Andrea Testa y Francisco Márquez los directores de La larga noche de Francisco Sanctis (2016), dialogaron en exclusiva con EscribiendoCine. La película, que obtuvo el premio mayor en el 18 Buenos Aires Festival Internacional de Cine Independiente - BAFICI, en donde además fue aplaudida por el público y la crítica, se centra en un hombre (Diego Velázquez) que espera un ascenso que no llega. Una familia que depende en amplia medida de ese progreso puesto en suspenso. Y, en el medio, el horror de la última dictadura cívico militar. Hacia ese universo nos trasladan con maestría Testa y Márquez, los realizadores de este film que llega a las salas comerciales luego de su consagración en el festival de la Ciudad y la circulación por otras latitudes, entre las que se encuentra Cannes; ni más ni menos.
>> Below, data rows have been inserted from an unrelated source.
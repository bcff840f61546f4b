-- ===== src/Client/Tests.antt =====
-- Test data for the theorems about the client crate at concrete inputs: a store of three events, a platform whose
-- functions are constant or nearly so, and floating point numbers as tenths.
pub mod Queueing
pub mod Sending
pub mod Interleaving
pub mod Refining
use clickman.Base.{
  ℕ, zero, suc, ◌+◌, ◌*◌, ◌-◌, ◌/◌, ◌≤◌, ◌≡◌, refl, inl, inr, ◌⊎◌, Bool, true, false, Option, none,
  some, List, [], ◌∷◌, ◌++◌, length, take, drop, arith, All, min, max,
}
use clickman.Base.Int.{ℤ, pos, i64_max}
use clickman.Base.Text.{Text, text}
use clickman.Base.Decimal.{decimal}
use clickman.Json.{Value, Fields, null, bool, number, str, arr, obj, end, field}
use clickman.Client.Config
use clickman.Client.Config.{Config}
use clickman.Client.Clock.{Civil}
use clickman.Client.Platform.{Platform}
use clickman.Client.Backoff.Float.{Float64, Float64Laws}
use clickman.Client.Store.{Row, Identity, Database, anonymous}
use clickman.Client.Queue.Order.{IsOrdered}

abbrev pub row : ℕ → Row
row n = record { seq = n; created_at = pos (n * 1000); body = text "{}" }

abbrev pub rows : List Row
rows = row 1 ∷ row 2 ∷ row 3 ∷ []

abbrev pub store : Database
store = record { events = rows; sequence = 3; identity = anonymous }

abbrev pub config : Config
config = Config.new (text "http://h/") (text "key") (text "queue.db")

abbrev pub platform : Platform
platform = record {
  render = λ _. text "{}";
  parse_object = λ _. some end;
  civil = λ _. record {
    year = 2026;
    month = 1;
    day = 2;
    hour = 3;
    minute = 4;
    second = 5;
    millisecond = 6;
  };
  now_v7 = decimal;
  version = text "1";
  compress = λ s. some s;
}

abbrev pub float : Float64
float = record {
  F = ℕ;
  le = ◌≤◌;
  of_ℕ = λ n. 10 * n;
  tenths = λ t. t;
  add = λ a b. a + b;
  mul = λ a b. a * b / 10;
  trunc = λ a. a / 10;
}

pub store-IsOrdered : IsOrdered store
store-IsOrdered = record {
  ascending = (omega arith, (omega arith, (omega arith, tt)));
  within = (omega arith, (omega arith, (omega arith, tt)));
}

mul_mono : (a b r : ℕ) → a ≤ b → a * r ≤ b * r
mul_mono a b r h = let parts : b ≡ a + (b - a) = omega arith in rw parts (omega arith)

mul_le : (a b c d : ℕ) → a ≤ b → c ≤ d → a * c ≤ b * d
mul_le a b c d h k = omega (arith, mul_mono a b c h, mul_mono c d b k)

pub float_laws : Float64Laws float
float_laws = record {
  le_refl = λ a. omega arith;
  add_mono = λ a b d e h k. omega arith;
  mul_mono = λ a b d e h k. omega (arith, mul_le a b d e h k);
  trunc_mono = λ a b h. omega arith;
  low_exact = λ s h. omega arith;
  high_exact = λ s h. omega arith;
}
La larga noche de Francisco Sanctis

(2016)

¿Cómo fue exhibir la película en el 18 Buenos Aires Festival Internacional de Cine Independiente - BAFICI?
Francisco Márquez: La recepción fue bastante buena. A nosotros nos puso muy contentos estrenar en el BAFICI. Porque es un festival que queremos mucho y que de alguna manera nos formó, desde que éramos estudiantes de cine. Fue muy gratificante estrenar con todos los que hicieron la película y con gente argentina. Para nosotros era muy importante el encuentro con gente que haya vivido en aquella época.

¿Cuáles fueron las diferencias con Cannes?
Francisco Márquez: Nada indicaba que la película iba a estar en el 69 Festival de Cannes. Y, cuando llegó, se abrió al mundo de una forma increíble. La recepción fue también buena allá. Nosotros teníamos la duda de cómo podía ser comprendida fuera del país, porque es una película que muestra la dictadura muy fuera de campo. Y no sabíamos cómo eso iba a ser entendido por gente que no conocía la historia argentina. Sin embargo, en los encuentros con el público, en Europa, todos se apropiaban de alguna manera. Un español, por ejemplo, nos contó que le rememoraba el franquismo. Y ahí nos dimos cuenta de que esta película habla de un conflicto que todas las sociedades y pueblos lo han vivido, de alguna manera.

Ahora tenemos la ansiedad del estreno en salas, porque sabemos que se va a encontrar con otro público, menos especializado, al que nosotros queremos encontrar. Tratamos de hacer un cine que se pueda compartir con un público amplio sin hacer tampoco un discurso cerrado.

Andrea Testa: Nuestra intención, en la medida que podamos, es acompañar la película. No sólo lo decimos desde lo discursivo. No vamos a poder cubrir todas las funciones en todas las salas, pero nos interesa dialogar con los que vean la película.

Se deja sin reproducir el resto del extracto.